- Born: 1892 St. John's, Newfoundland
- Died: 1987 (aged 94–95) St. John's, Newfoundland
- Education: Holloway School, St. John's Nova Scotia Teachers College, Truro

= Molly Dingle =

Canadian educator

Molly Dingle MBE (1892–1987) was a Canadian educator, born in St. John's, Newfoundland. Dingle at the age of 16 began as a teacher's aid at Holloway School and joined the staff in 1915. When she retired in 1952, she was its principal.

==Career==
She received her education at the Presbyterian Hall and the Holloway School in St. John's, from which she graduated in 1908. In 1908 she got a position as a teacher-assistant at the school and in 1914 attended the Nova Scotia Teachers College, to qualify as a kindergarten teacher. In 1915 she returned to Newfoundland and, with the exception the 1933–34 school year, when she went as an exchange teacher to Dunfermline, Scotland, she spent the remainder of her teaching career in St. John's, until 1952. She was involved in training teachers at the annual summer schools and because of that was well known among Newfoundland teachers.

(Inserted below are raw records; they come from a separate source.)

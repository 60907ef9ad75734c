-- ===== src/Device/Sharing.antt =====
-- `startup_device` and `stop_device` of src/ldal.c: users share a device by its reference count.
use ldal.Base.{
  ℕ, suc, ◌-◌, ◌≤◌, ◌≡◌, ℤ, true, false, some, List, [], ◌∷◌, arith, ltb, is_zero, is_neg, ldal_eok,
  if◌then◌else◌,
}
use ldal.Kernel.{open_file, close_fd, Env, History, Io}
use ldal.Device.{
  Object, DeviceOps, Run, done, crash, Command, and_then, startup_device, stop_device, opened,
}

-- What a user asks of a device.
pub data Request : Type 0 where
  start stop : Request

-- How many files are open after some calls.
unfoldable pub open_files : Env → History → ℕ
open_files e [] = 0
open_files e (open_file s flags ∷ h) =
    if is_neg (e h (open_file s flags)).ret then open_files e h else suc (open_files e h)
open_files e (close_fd fd ∷ h) = open_files e h - 1
open_files e (_ ∷ h) = open_files e h

-- What the reference count needs of a class: `open` and `close` are there, they leave the count and
-- the flag of the device alone, `open` opens one file when it succeeds and none when it fails, and
-- `close` closes one.
pub record Shares {O C : Type 0} (ops : DeviceOps O C) : Type 0 where
  pub opens : Object O → Io (ℤ × Object O)
  pub closes : Object O → Io (ℤ × Object O)
  pub has_open : ops.open_op ≡ some opens
  pub has_close : ops.close ≡ some closes
  pub open_ref :
      (o : Object O) (e : Env) (h : History) → (opens o e h).0.1.device.ref ≡ o.device.ref
  pub open_init :
      (o : Object O) (e : Env) (h : History) → (opens o e h).0.1.device.is_init ≡ o.device.is_init
  pub open_takes :
      (o : Object O) (e : Env) (h : History)
      → open_files e (opens o e h).1
        ≡ (if is_zero (opens o e h).0.0 then suc (open_files e h) else open_files e h)
  pub close_ref :
      (o : Object O) (e : Env) (h : History) → (closes o e h).0.1.device.ref ≡ o.device.ref
  pub close_init :
      (o : Object O) (e : Env) (h : History) → (closes o e h).0.1.device.is_init ≡ o.device.is_init
  pub close_gives :
      (o : Object O) (e : Env) (h : History) → open_files e (closes o e h).1 ≡ open_files e h - 1

-- An initialised device with at most `n` users holds one file exactly while it has users; `k` more
-- are open elsewhere.
pub record IsShared {O : Type 0} (e : Env) (k n : ℕ) (o : Object O) (h : History) : Type 0 where
  pub ready : o.device.is_init ≡ true
  pub few : o.device.ref ≤ n
  pub held : open_files e h ≡ (if ltb 0 o.device.ref then suc k else k)

-- A run that ends without a crash, in a state with the property.
abbrev pub Ends : {A : Type 0} → (A → History → Type 0) → Run A → Type 0
Ends P (done a h) = P a h
Ends P crash = ⊥

module _ {O C : Type 0} (ops : DeviceOps O C) where
  unfoldable pub serve : Request → Object O → Command (ℤ × Object O)
  serve start = startup_device ops
  serve stop = stop_device ops

  unfoldable pub serve_all : List Request → Object O → Command (Object O)
  unfolding serve
  serve_all [] o e h = done o h
  serve_all (r ∷ rs) o e h = and_then (serve r o e h) (λ a e' h'. serve_all rs a.1 e' h') e

module _ {O C : Type 0} {ops : DeviceOps O C} where
  -- For a class as in `Shares`, when `open` fails, `startup_device` of an initialised device with
  -- no user still reports success; no file more is open and the count stays 0, so that a later
  -- `stop_device` makes no call and changes nothing.
  pub startup_device-failed_open :
      (s : Shares ops) (o : Object O) (e e' : Env) (h h' : History)
      → o.device.is_init ≡ true
      → o.device.ref ≡ 0
      → is_zero (s.opens o e h).0.0 ≡ false
      → Ends
          (λ a h1.
            (a.0 ≡ ldal_eok)
            × (open_files e h1 ≡ open_files e h)
            × (stop_device ops a.1 e' h' ≡ done (ldal_eok, a.1) h'))
          (startup_device ops o e h)
  unfolding startup_device stop_device opened
  startup_device-failed_open s o e e' h h' ready free failed =
      rw (ready, s.has_open)
        (ground (arith, s.open_ref o e h, s.open_init o e h, s.open_takes o e h))
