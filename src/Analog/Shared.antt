-- ===== src/Analog/Shared.antt =====
-- The users of an analog input, whose file they share.
use ldal.Base.{ℕ, suc, ◌≡◌, refl, arith, is_zero, if◌then◌else◌}
use ldal.Kernel.{Env, History}
use ldal.Device.Sharing.{open_files, Shares}
use ldal.Analog.{Machine, AnalogDevice, analog_open, analog_close}
use ldal.Analog.Calib.{analog_device_ops}

module _ (m : Machine) (iow : ℕ → ℕ → ℕ) where
  pub analog_open-open_files :
      (o : AnalogDevice m) (e : Env) (h : History)
      → open_files e (analog_open m o e h).1
        ≡ (if is_zero (analog_open m o e h).0.0 then suc (open_files e h) else open_files e h)
  unfolding analog_open open_files
  analog_open-open_files o e h = ground arith

  -- Opening an input opens its file, and closing it closes it.
  unfoldable pub analog_device_ops-Shares : Shares (analog_device_ops m iow)
  unfolding analog_open analog_close open_files
  analog_device_ops-Shares = record {
    opens = analog_open m;
    closes = analog_close m;
    has_open = refl;
    has_close = refl;
    open_ref = λ o e h. refl;
    open_init = λ o e h. refl;
    open_takes = analog_open-open_files;
    close_ref = λ o e h. refl;
    close_init = λ o e h. refl;
    close_gives = λ o e h. refl;
  }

In 1952, she went to England on an exchange and on her return in 1953, she was approached by Vera Perlin who wanted her to become part of a new programme she was developing to help educate mentally disabled children. She joined the staff of the first school opened in 1954 and operated from the United Church of Canada orphanage in St. John's. Over the next two years she visited other schools in Truro, Montreal and England to become acquainted with their methods and programmes. Dingle went on to teach at the Vera Perlin School until age 77.

==Awards==
In 1949 she received an MBE for her dedication, certificates of merit from both schools and an honorary life membership of the Newfoundland Teachers' Association. Molly also was honoured by the Newfoundland Association for the Help of Retarded Children for her contribution to the work of the organization.